Mesmo reconhecendo a disposição do governo em estabelecer uma política ampla para EJA, especialistas apontam a desarticulação entre as ações de alfabetização e a questão de formação do educador. Prioridade concedida ao programa recolocar a colocação de jovens e adultos no debate da agenda das políticas publicas, reafirmando, portanto, o direito constitucional ao ensino fundamental, independente da idade. Todavia o direito a educação não se reduz à alfabetização. A experiência acumulada pela historia da EJA nos permite reafirmar que intervenções breves e pontuais não garantem um domínio suficiente da leitura e escrita. Alem da necessária continuidade do ensino básico, é preciso articular a política de EJA a outras políticas. Afinal o mito de que a alfabetização por si só promove o desenvolvimento social e pessoal há muito foi desfeito. Isolado o processo de alfabetização não gera emprego, renda e saúde. (VIERA, 2004, p. 85-86)
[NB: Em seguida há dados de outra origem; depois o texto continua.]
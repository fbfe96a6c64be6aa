-- ===== src/Server/Frames/RoundTrip.antt =====
-- About the text of the frames (sse.go): a reader finds in it what was written.
use Prim.Native.String
use star_car.Prelude.{
  ◌≡◌, refl, sym, ap, ◌∙◌, true, String, List, [], ◌∷◌, ◌++◌, Bool-cases, inl, inr, sprint, arith,
}
use text.Mathlib.TextLemmas.{append_assoc, cons-append, nil-append}
use star_car.Server.Frames.{sse_frame, sse_heartbeat}
use star_car.Server.Connections.{StreamEvent, frame, heartbeat}
use star_car.Server.Frames.Reader.{
  written_text, events_of, is_line_end, is_one_line, lines_of, event_data, field_of,
  nothing_pending, read_lines, read_events,
}

-- A line that is ended stands by itself.
lines-append :
    (s rest : String)
    → is_one_line s ≡ true
    → lines_of (String.◌++◌ s (String.◌∷◌ "\n" rest)) ≡ s ∷ lines_of rest
unfolding lines_of is_one_line
lines-append String.[] rest h = rw nil-append refl
lines-append (String.◌∷◌ c s) rest h = rw cons-append (ground (arith, lines-append s rest))

-- The text ends in a line, if only an empty one.
lines-cons : (s : String) → (line : String) × (lines : List String) × (lines_of s ≡ line ∷ lines)
unfolding lines_of
lines-cons String.[] = ("", [], refl)
lines-cons (String.◌∷◌ c s) =
    let (line, lines, e) = lines-cons s in
    elim (Bool-cases (is_line_end c)) [
      | inl k ↦ ("", lines_of s, rw k refl)
      | inr k ↦ (String.◌∷◌ c line, lines, rw (k, e) refl)
    ]

data_chars :
    (s : String)
    → String.◌++◌ "data: " s
      ≡ String.◌∷◌ "d"
          (String.◌∷◌ "a" (String.◌∷◌ "t" (String.◌∷◌ "a" (String.◌∷◌ ":" (String.◌∷◌ " " s)))))
data_chars s =
    rw (cons-append, cons-append, cons-append, cons-append, cons-append, cons-append, nil-append)
      refl

two_ends : (rest : String) → String.◌++◌ "\n\n" rest ≡ String.◌∷◌ "\n" (String.◌∷◌ "\n" rest)
two_ends rest = rw (cons-append, cons-append, nil-append) refl

frame_shape :
    (payload rest : String)
    → String.◌++◌ (sse_frame payload) rest
      ≡ String.◌++◌ "event: yard" (
          String.◌∷◌ "\n"
            (String.◌++◌ (String.◌++◌ "data: " payload) (String.◌∷◌ "\n" (String.◌∷◌ "\n" rest))))
unfolding sse_frame sprint
frame_shape payload rest = simp append_assoc (
    ap
      (λ t.
        String.◌++◌ "event: " (String.◌++◌ "yard" (String.◌++◌ "\ndata: " (String.◌++◌ payload t))))
      (ap (String.◌++◌ "\n\n") (nil-append rest) ∙ two_ends rest)
    ∙ (sym (append_assoc "event: " "yard" _)
        ∙ ap (String.◌++◌ "event: yard") (cons-append "\n" "data: " _)))

field_of-data : (payload : String) → field_of (String.◌++◌ "data: " payload) ≡ event_data payload
unfolding field_of
field_of-data payload = rw data_chars refl

is_one_line-data :
    (payload : String)
    → is_one_line payload ≡ true
    → is_one_line (String.◌++◌ "data: " payload) ≡ true
unfolding is_one_line
is_one_line-data payload h = rw data_chars h

lines-frame :
    (payload rest : String)
    → is_one_line payload ≡ true
    → lines_of (String.◌++◌ (sse_frame payload) rest)
      ≡ "event: yard" ∷ String.◌++◌ "data: " payload ∷ "" ∷ lines_of rest
unfolding lines_of is_one_line
lines-frame payload rest h =
    ap lines_of (frame_shape payload rest)
    ∙ (lines-append "event: yard"
          (String.◌++◌ (String.◌++◌ "data: " payload) (String.◌∷◌ "\n" (String.◌∷◌ "\n" rest))) refl
        ∙ ap (λ l. "event: yard" ∷ l)
            (lines-append (String.◌++◌ "data: " payload) (String.◌∷◌ "\n" rest)
              (is_one_line-data payload h)))

lines-heartbeat :
    (rest : String) → lines_of (String.◌++◌ sse_heartbeat rest) ≡ ": heartbeat" ∷ "" ∷ lines_of rest
unfolding sse_heartbeat lines_of is_one_line
lines-heartbeat rest =
    ap lines_of
      (append_assoc ": heartbeat" "\n\n" rest ∙ ap (String.◌++◌ ": heartbeat") (two_ends rest))
    ∙ lines-append ": heartbeat" (String.◌∷◌ "\n" rest) refl

read-frame :
    (payload : String) (lines : List String) (rest : String)
    → lines ≡ lines_of rest
    → read_lines nothing_pending ("event: yard" ∷ String.◌++◌ "data: " payload ∷ "" ∷ lines)
      ≡ ("yard", payload) ∷ read_lines nothing_pending lines
unfolding read_lines
read-frame payload [] rest e = let (line, more, k) = lines-cons rest in absurd (cc (e, k))
read-frame payload (line ∷ lines) rest e = rw (field_of-data payload) refl

read-heartbeat :
    (lines : List String) (rest : String)
    → lines ≡ lines_of rest
    → read_lines nothing_pending (": heartbeat" ∷ "" ∷ lines) ≡ read_lines nothing_pending lines
unfolding read_lines
read-heartbeat [] rest e = let (line, more, k) = lines-cons rest in absurd (cc (e, k))
read-heartbeat (line ∷ lines) rest e = refl

abbrev pub AreOneLine : List StreamEvent → Type 0
AreOneLine [] = Unit
AreOneLine (frame payload ∷ events) = (is_one_line payload ≡ true) × AreOneLine events
AreOneLine (heartbeat ∷ events) = AreOneLine events

-- If no payload holds an end of a line, a reader of event streams finds in what a handler writes,
-- whatever follows it, exactly its frames, in order, each under the name "yard" and with its
-- payload; the heartbeats leave no trace.
pub read_events-written_text :
    (events : List StreamEvent) (rest : String)
    → AreOneLine events
    → read_events (String.◌++◌ (written_text events) rest) ≡ events_of events ++ read_events rest
unfolding read_events written_text
read_events-written_text [] rest h = rw nil-append refl
read_events-written_text (frame payload ∷ events) rest (one, h) =
    let after = String.◌++◌ (written_text events) rest in
    ap read_events (append_assoc (sse_frame payload) (written_text events) rest)
    ∙ (ap (read_lines nothing_pending) (lines-frame payload after one)
        ∙ (read-frame payload (lines_of after) after refl
            ∙ ap (λ l. ("yard", payload) ∷ l) (read_events-written_text events rest h)))
read_events-written_text (heartbeat ∷ events) rest h =
    let after = String.◌++◌ (written_text events) rest in
    ap read_events (append_assoc sse_heartbeat (written_text events) rest)
    ∙ (ap (read_lines nothing_pending) (lines-heartbeat after)
        ∙ (read-heartbeat (lines_of after) after refl ∙ read_events-written_text events rest h))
Portanto, ao passo que a sociedade de desenvolve, aparece a necessidade de escolarização e isso é importante que aconteça, pois a educação de adultos favorece a educação das crianças e dos adolescentes porque quanto mais os pais estudam mais consciente ficam da importância da educação e mais contribuirão para que seu filho permanecem na escola. O que vai gerar um processo de desenvolvimento intelectual no país já que todos caminham na mesma direção, no sentido da busca pelo crescimento pessoal e profissional, e, consequentemente em prol do desenvolvimento do país.
Apesar de não haver continuidade nos programas ao longo dos tempos, a Educação de Jovens e Adultos está sempre sendo buscada, com o objetivo de realmente permitir o acesso de todos à educação, independentemente da idade. Desta forma, fica claro o caminho que a EJA percorreu em nosso país até chegar aos dias de hoje. Muito já foi feito, mas ainda há o que fazer. Não se pode acomodar com os avanços já conseguidos, é necessário vislumbrar novos horizontes na busca total da erradicação do analfabetismo em nosso país, pois, a educação é direito de todos.

3 CONCLUSÃO

O trabalho apresentado, oferece informações relacionadas à Educação de Jovens e Adultos, informações estas que vão possibilitar o conhecimento a esse respeito. Podemos, então relacionar alguns aspectos sobre a EJA apresentados neste estudo, como, a necessidade de implantação de sistemas de ensino que favoreçam o ensino a indivíduos que não tiveram acesso ou permanência no sistema formal de ensino a escola, apresentando a realidade deste segmento no sistema educacional brasileiro, destaca ainda, a importância da formação do professor e suas praticas de ensino na EJA, e como estas influenciam na qualidade do ensino neste segmento.
Ao longo dos anos a tecnologia e a economia tem feito com que as pessoas sintam a necessidade de retomar a sala de aula para aprimorar seus conhecimentos ou conseguir um diploma atestando uma escolarização mais elevada.
Percebemos também que a EJA é indiscutivelmente uma educação possível, ou melhor, imprescindível. E que o fato do atraso para o ingresso na educação formal não é motivo para o não ingresso mesmo que tardiamente, uma vez que a educação é um processo continuado a atemporal.
É importante lembrar que todos podem e devem contribuir para o desenvolvimento da EJA: os governantes devem implantar políticas integradas para EJA, as escolas devem colaborar com projetos adequados para seus próprios alunos e não seguir modelos prontos, os professores devem estar sempre atualizando seus conhecimentos. À sociedade cabe contribuir com a EJA não discriminando esta modalidade de ensino e seus alunos, e por fim, as pessoas em geral que conhecerem um adulto analfabeto deve falar da importância da educação e incentivá-los a procurar uma escola da EJA.